You can get a Fabco NV-55 needle valve like JustLikeAPill suggested and be sure to get the #10-32 barb fittings too. You will need 2 of these fittings. They come in brass or plastic (nylon).

I like to run a check valve before and after my bubble counter. This keeps aquarium water out of the bubble counter and bubble counter liquid out of the needle valve and solenoid.
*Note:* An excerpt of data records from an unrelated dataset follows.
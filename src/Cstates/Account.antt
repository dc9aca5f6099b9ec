-- ===== src/Cstates/Account.antt =====
-- The counters of a C-state (idlestat.c: `cstate_begin`, `cstate_end`, `record_cstate_event`)
-- against the stays that its array `data` records.
use idlestat.Base.{
  ℕ, zero, suc, ◌≡◌, refl, Option, none, some, List, if◌then◌else◌, map?, get_elem?, length, ◌<◌,
  arith, ap, inl, inr, All, Bool-cases, ◌>>=◌, Option-cases, lt-of_get_elem?,
}
use idlestat.Base.Int.{ℤ, pos, minus_one, eq_ℤ}
use idlestat.Base.Double.{Double, usec_per_sec}
use idlestat.Summary.{IsSummary-nil}
use idlestat.Cstates.{
  maxcstate, CpuidleData, CpuidleCstate, CpuidleCstates, Residency, elem_at, set_at, open_stay,
  cstate_begin, add_stay, judge, write_stay, finish_stay, end_stay, cstate_end, record_cstate_event,
  fresh_states, build_from, build_cstate_info,
}
use idlestat.Cstates.Valid.{IsState, IsStateNumber, IsValid}
use idlestat.Cstates.Safety.{record_cstate_event-IsValid}
use idlestat.Cstates.Stays.{
  IsAccount, open_stay-IsAccount, write_stay-IsAccount, judge-SameStays, add_stay-IsAccount,
  set_at-All, elem_at-All,
}

module _ {D : Type 0} ⦃d : Double D⦄ where
  abbrev Accounts : CpuidleCstates D → Type 0
  Accounts s = All IsAccount s.cstate

  -- A step that may fault keeps the accounts wherever it returns.
  abbrev Keeps : Option (CpuidleCstates D) → Type 0
  Keeps none = Unit
  Keeps (some t) = Accounts t

  finish_stay-Keeps :
      (s : CpuidleCstates D) (c : CpuidleCstate D) (x : CpuidleData D) (us : D)
      → Accounts s
      → IsAccount c
      → c.nrdata < length c.stays
      → Keeps (finish_stay s c x us)
  unfolding finish_stay
  finish_stay-Keeps s c x us h ok_c l =
      go (judge s (write_stay c (record x { duration = us })) us) refl
    where
      go :
          (o : Option (CpuidleCstate D × Residency))
          → judge s (write_stay c (record x { duration = us })) us ≡ o
          → Keeps (
              map?
                (λ r. record s {
                  cstate = set_at s.cstate s.current_cstate (add_stay r.0 us);
                  actual_residency = r.1;
                  current_cstate = minus_one;
                })
                o)
      go none e = tt
      go (some r) e = set_at-All IsAccount s.cstate s.current_cstate (add_stay r.0 us) h (
          add_stay-IsAccount c r.0 (record x { duration = us }) ok_c l
            (judge-SameStays s (write_stay c (record x { duration = us })) us r e))

  end_stay-Keeps :
      (time : D) (s : CpuidleCstates D) (c : CpuidleCstate D) (x : CpuidleData D)
      → Accounts s
      → IsAccount c
      → c.nrdata < length c.stays
      → Keeps (end_stay time s c x)
  unfolding end_stay
  end_stay-Keeps time s c x h ok_c l =
      let y = record x { end = time; duration = d.sub time x.begin } in
      elim (Bool-cases (d.le y.duration (d.of_int (pos 0)))) [
        | inl e ↦ rw e (
            set_at-All IsAccount s.cstate s.current_cstate (write_stay c y) h
              (write_stay-IsAccount c y ok_c))
        | inr e ↦ rw e (finish_stay-Keeps s c y (d.mul y.duration (d.of_int usec_per_sec)) h ok_c l)
      ]

  cstate_end-Keeps : (time : D) (s : CpuidleCstates D) → Accounts s → Keeps (cstate_end time s)
  unfolding cstate_end
  cstate_end-Keeps time s h = elim (Option-cases (elem_at s.cstate s.current_cstate)) [
    | inl e ↦ rw e tt
    | inr (c, e) ↦ rw e (elim (Option-cases (get_elem? c.stays c.nrdata)) [
      | inl n ↦ rw n tt
      | inr (x, m) ↦ rw m (
          end_stay-Keeps time s c x h (elem_at-All IsAccount s.cstate s.current_cstate c h e)
            (lt-of_get_elem? c.stays c.nrdata m))
    ])
  ]

  cstate_begin-Keeps :
      (time : D) (state : ℤ) (s : CpuidleCstates D) → Accounts s → Keeps (cstate_begin time state s)
  unfolding cstate_begin
  cstate_begin-Keeps time state s h = elim (Option-cases (elem_at s.cstate state)) [
    | inl e ↦ rw e tt
    | inr (c, e) ↦ rw e (
        set_at-All IsAccount s.cstate state (open_stay c time) h
          (open_stay-IsAccount c time (elem_at-All IsAccount s.cstate state c h e)))
  ]

  record_cstate_event-Keeps :
      (s : CpuidleCstates D) (time : D) (state : ℤ)
      → Accounts s
      → Keeps (record_cstate_event s time state)
  unfolding record_cstate_event
  record_cstate_event-Keeps s time state h = elim (Bool-cases (eq_ℤ state s.current_cstate)) [
    | inl e ↦ rw e h
    | inr e ↦
        rw e (after (if eq_ℤ s.current_cstate minus_one then some s else cstate_end time s) first)
  ]
    where
      first : Keeps (if eq_ℤ s.current_cstate minus_one then some s else cstate_end time s)
      first = elim (Bool-cases (eq_ℤ s.current_cstate minus_one)) [
        | inl k ↦ rw k h
        | inr k ↦ rw k (cstate_end-Keeps time s h)
      ]

      after :
          (o : Option (CpuidleCstates D))
          → Keeps o
          → Keeps (o >>= λ t. if eq_ℤ state minus_one then some t else cstate_begin time state t)
      after none k = tt
      after (some t) k = elim (Bool-cases (eq_ℤ state minus_one)) [
        | inl m ↦ rw m k
        | inr m ↦ rw m (cstate_begin-Keeps time state t k)
      ]

  -- For a valid CPU whose counters account for its recorded stays, `record_cstate_event` with a
  -- state from -1 to 15 returns, and afterwards too `nrdata`, `min_time`, `max_time`, `avg_time` and
  -- `duration` of every state are the count, minimum, maximum, running average and sum of the
  -- stays that the state records.
  pub record_cstate_event-IsAccount :
      (s : CpuidleCstates D) (time : D) (state : ℤ)
      → IsValid s
      → All IsAccount s.cstate
      → IsStateNumber state
      → (t : CpuidleCstates D) × (record_cstate_event s time state ≡ some t)
        × All IsAccount t.cstate
  record_cstate_event-IsAccount s time state v h l =
      let (t, e, _, _) = record_cstate_event-IsValid s time state v l in
      (t, e, rw e at (record_cstate_event-Keeps s time state h))

module _ (D : Type 0) ⦃d : Double D⦄ where
  fresh_states-IsAccount :
      (name : ℕ → Option (List ℕ)) (residency : ℕ → ℤ) (i n : ℕ)
      → All IsAccount (fresh_states {D = D} name residency i n)
  unfolding fresh_states
  fresh_states-IsAccount name residency i zero = tt
  fresh_states-IsAccount name residency i (suc n) = (
    record { room = omega arith; summary = IsSummary-nil },
    fresh_states-IsAccount name residency (suc i) n,
  )

  fresh_states-IsState :
      (name : ℕ → Option (List ℕ)) (residency : ℕ → ℤ) (i n : ℕ)
      → All IsState (fresh_states {D = D} name residency i n)
        × (length (fresh_states {D = D} name residency i n) ≡ n)
  unfolding fresh_states
  fresh_states-IsState name residency i zero = (tt, refl)
  fresh_states-IsState name residency i (suc n) =
      let (states, sized) = fresh_states-IsState name residency (suc i) n in
      ((omega arith, states), ap suc sized)

  -- Every CPU of `build_cstate_info` is valid and accounts for the stays that it records (none).
  pub build_cstate_info-IsValid :
      (name : ℕ → ℕ → Option (List ℕ)) (residency : ℕ → ℕ → ℤ) (nrcpus : ℕ)
      → All
          (λ s. IsValid s × All IsAccount s.cstate)
          (build_cstate_info {D = D} name residency nrcpus)
        × (length (build_cstate_info {D = D} name residency nrcpus) ≡ nrcpus)
  unfolding build_cstate_info
  build_cstate_info-IsValid name residency nrcpus = go 0 nrcpus
    where
      go :
          (cpu n : ℕ)
          → All (λ s. IsValid s × All IsAccount s.cstate) (build_from {D = D} name residency cpu n)
            × (length (build_from {D = D} name residency cpu n) ≡ n)
      go cpu zero = (tt, refl)
      go cpu (suc n) =
          let (states, sized) = fresh_states-IsState (name cpu) (residency cpu) 0 maxcstate in
          let (rest, count) = go (suc cpu) n in
          (
            (
              (
                record { states = states; sized = sized; deepest = refl; opened = refl },
                fresh_states-IsAccount (name cpu) (residency cpu) 0 maxcstate,
              ),
              rest,
            ),
            ap suc count,
          )
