-- ===== src/Pstates.antt =====
-- P-state statistics of a CPU, a core or a cluster: `struct cpufreq_pstate`, `struct
-- cpufreq_pstates` (idlestat.h) and the functions of idlestat.c that allocate, open and close
-- states. The array `pstate` with its length `max` is a list; an allocation succeeds.
use idlestat.Base.{
  ℕ, suc, ◌+◌, ◌≡◌, Bool, Option, none, some, List, [], ◌∷◌, ◌++◌, ltb, leb, ◌==◌, if◌then◌else◌,
  map?, length, get_elem?, set, take, drop, replicate, ◌<◌, ◌≤◌, map,
}
use idlestat.Base.Int.{ℤ, pos, negsuc, minus_one, leb_ℤ, eq_ℤ, add_ℤ}
use idlestat.Base.Double.{Double, usec_per_sec, min_of, max_of, avg_of}
pub mod Table
pub mod Alloc
pub mod Group
pub mod Total
pub mod Merge
pub mod Stats

pub record CpufreqPstate (D : Type 0) : Type 0 where
  pub id : ℕ
  pub freq : ℕ
  pub count : ℕ
  pub min_time : D
  pub max_time : D
  pub avg_time : D
  pub duration : D

pub record CpufreqPstates (D : Type 0) : Type 0 where
  pub pstate : List (CpufreqPstate D)
  pub current : ℤ
  pub idle : ℤ
  pub time_enter : D
  pub time_exit : D

-- Where the search loop of `alloc_pstate` stops: at an entry for the frequency, or at the index at
-- which one has to be inserted.
pub data Slot : Type 0 where
  found : ℕ → Slot
  vacant : ℕ → Slot

abbrev pub next_slot : Slot → Slot
next_slot (found i) = found (suc i)
next_slot (vacant i) = vacant (suc i)

module _ {D : Type 0} where
  unfoldable pub find_slot : ℕ → List (CpufreqPstate D) → Slot
  find_slot freq [] = vacant 0
  find_slot freq (p ∷ ps) =
      if ltb freq p.freq
      then vacant 0
      else if p.freq == freq
      then found 0
      else next_slot (find_slot freq ps)

  -- `pstate[i].id = i` from an index on.
  unfoldable pub renumber : ℕ → List (CpufreqPstate D) → List (CpufreqPstate D)
  renumber i [] = []
  renumber i (p ∷ ps) = record p { id = i } ∷ renumber (suc i) ps

module _ {D : Type 0} ⦃d : Double D⦄ where
  unfoldable pub fresh_pstate : ℕ → ℕ → CpufreqPstate D
  fresh_pstate i freq = record {
    id = i;
    freq = freq;
    count = 0;
    min_time = d.dbl_max;
    max_time = d.of_int (pos 0);
    avg_time = d.of_int (pos 0);
    duration = d.of_int (pos 0);
  }

  -- `realloc`, `memmove`, the renumbering and the initialisation of the new entry.
  unfoldable pub insert_pstate : ℕ → ℕ → List (CpufreqPstate D) → List (CpufreqPstate D)
  unfolding fresh_pstate
  insert_pstate next freq ps =
      take next ps ++ (fresh_pstate next freq ∷ renumber (suc next) (drop next ps))

  unfoldable pub alloc_at : CpufreqPstates D → ℕ → Slot → CpufreqPstates D × ℕ
  unfolding insert_pstate
  alloc_at ps freq (found i) = (ps, i)
  alloc_at ps freq (vacant next) = (
    record ps {
      pstate = insert_pstate next freq ps.pstate;
      current = if leb_ℤ (pos next) ps.current then add_ℤ ps.current (pos 1) else ps.current;
    },
    next,
  )

  unfoldable pub alloc_pstate : CpufreqPstates D → ℕ → CpufreqPstates D × ℕ
  unfolding alloc_at find_slot
  alloc_pstate ps freq = alloc_at ps freq (find_slot freq ps.pstate)

  unfoldable pub empty_pstates : CpufreqPstates D
  empty_pstates = record {
    pstate = [];
    current = minus_one;
    idle = minus_one;
    time_enter = d.nought;
    time_exit = d.nought;
  }

  unfoldable pub build_pstate_info : ℕ → List (CpufreqPstates D)
  unfolding empty_pstates
  build_pstate_info nrcpus = replicate nrcpus empty_pstates

  unfoldable pub open_current_pstate : CpufreqPstates D → D → CpufreqPstates D
  open_current_pstate ps time = record ps { time_enter = time }

  unfoldable pub open_next_pstate : CpufreqPstates D → ℤ → D → CpufreqPstates D
  unfolding open_current_pstate
  open_next_pstate ps s time = open_current_pstate (record ps { current = s }) time

  -- `elapsed`, in microseconds.
  abbrev pub elapsed_since : CpufreqPstates D → D → D
  elapsed_since ps time = d.mul (d.sub time ps.time_enter) (d.of_int usec_per_sec)

  -- A state that has been left after `elapsed`.
  unfoldable pub add_sample : CpufreqPstate D → D → CpufreqPstate D
  add_sample p elapsed = record p {
    min_time = min_of p.min_time elapsed;
    max_time = max_of p.max_time elapsed;
    avg_time = avg_of p.avg_time elapsed (p.count + 1);
    duration = d.add p.duration elapsed;
    count = p.count + 1;
  }

  -- `&(ps->pstate[c])` is a fault where `c` is no index.
  unfoldable pub current_pstate : CpufreqPstates D → Option (CpufreqPstate D)
  current_pstate ps = elim (ps.current) [ pos c ↦ get_elem? ps.pstate c | negsuc _ ↦ none ]

  abbrev pub put_current : CpufreqPstates D → CpufreqPstate D → CpufreqPstates D
  put_current ps p = elim (ps.current) [
    | pos c ↦ record ps { pstate = set ps.pstate c p }
    | negsuc _ ↦ ps
  ]

  -- The pointer is read only behind the test of `elapsed`.
  unfoldable pub close_current_pstate : CpufreqPstates D → D → Option (CpufreqPstates D)
  unfolding add_sample current_pstate
  close_current_pstate ps time =
      let elapsed = elapsed_since ps time in
      if d.le elapsed (d.of_int (pos 0))
      then some ps
      else map? (λ p. put_current ps (add_sample p elapsed)) (current_pstate ps)

  -- The tail of `record_group_freq`, after the allocation; `cur` is `current` before it.
  unfoldable pub switch_group : CpufreqPstates D → D → ℤ → ℤ → Option (CpufreqPstates D)
  switch_group ps time cur next =
      if eq_ℤ cur next
      then some ps
      else if eq_ℤ cur minus_one
      then some (if eq_ℤ next minus_one then ps else open_next_pstate ps next time)
      else map?
          (λ qs.
            let rs = record qs { current = next } in
            if eq_ℤ next minus_one then rs else open_current_pstate rs time)
          (close_current_pstate ps time)

  unfoldable pub record_group_freq : CpufreqPstates D → D → ℕ → Option (CpufreqPstates D)
  record_group_freq ps time freq =
      if ltb 0 freq
      then (let (qs, next) = alloc_pstate ps freq in switch_group qs time ps.current (pos next))
      else switch_group ps time ps.current minus_one

  -- One direction of `merge_pstates` on a CPU: an entry of `b` for every frequency of `a`.
  unfoldable pub alloc_all : List (CpufreqPstate D) → CpufreqPstates D → CpufreqPstates D
  unfolding alloc_pstate
  alloc_all [] b = b
  alloc_all (p ∷ ps) b = alloc_all ps (alloc_pstate b p.freq).0

  -- The body of the loop of `merge_pstates`.
  unfoldable pub merge_cpu :
      CpufreqPstates D → CpufreqPstates D → CpufreqPstates D × CpufreqPstates D
  unfolding alloc_all
  merge_cpu a b = let b' = alloc_all a.pstate b in (alloc_all b'.pstate a, b')

  -- The loop over the CPUs of the trace; a baseline with fewer CPUs is read out of its bounds.
  unfoldable pub merge_pstates :
      List (CpufreqPstates D)
      → List (CpufreqPstates D)
      → Option (List (CpufreqPstates D) × List (CpufreqPstates D))
  unfolding merge_cpu
  merge_pstates [] bs = some ([], bs)
  merge_pstates (a ∷ as') [] = none
  merge_pstates (a ∷ as') (b ∷ bs) =
      let (a', b') = merge_cpu a b in map? (λ r. (a' ∷ r.0, b' ∷ r.1)) (merge_pstates as' bs)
Something like this: regulator's stock needle valve --> tubing --> NV-55 needle valve --> tubing --> check valve --> tubing --> bubble counter --> tubing --> check valve --> tubing --> diffuser

Another good valve that you can sometimes find on ebay is Swagelok's low pressure, low flow metering valve. Don't get the low pressure, medium flow metering valve for your small aquarium. This medium flow valve flows too much and it has very little control in the fine settings that you would need. Their low flow valve works really well. This valve comes in chrome mist plated brass or stainless steel. Do not get any of the Swagelok needle valves; only the metering valves. Swagelok has several different types of tubing fittings for this metering valve.


----------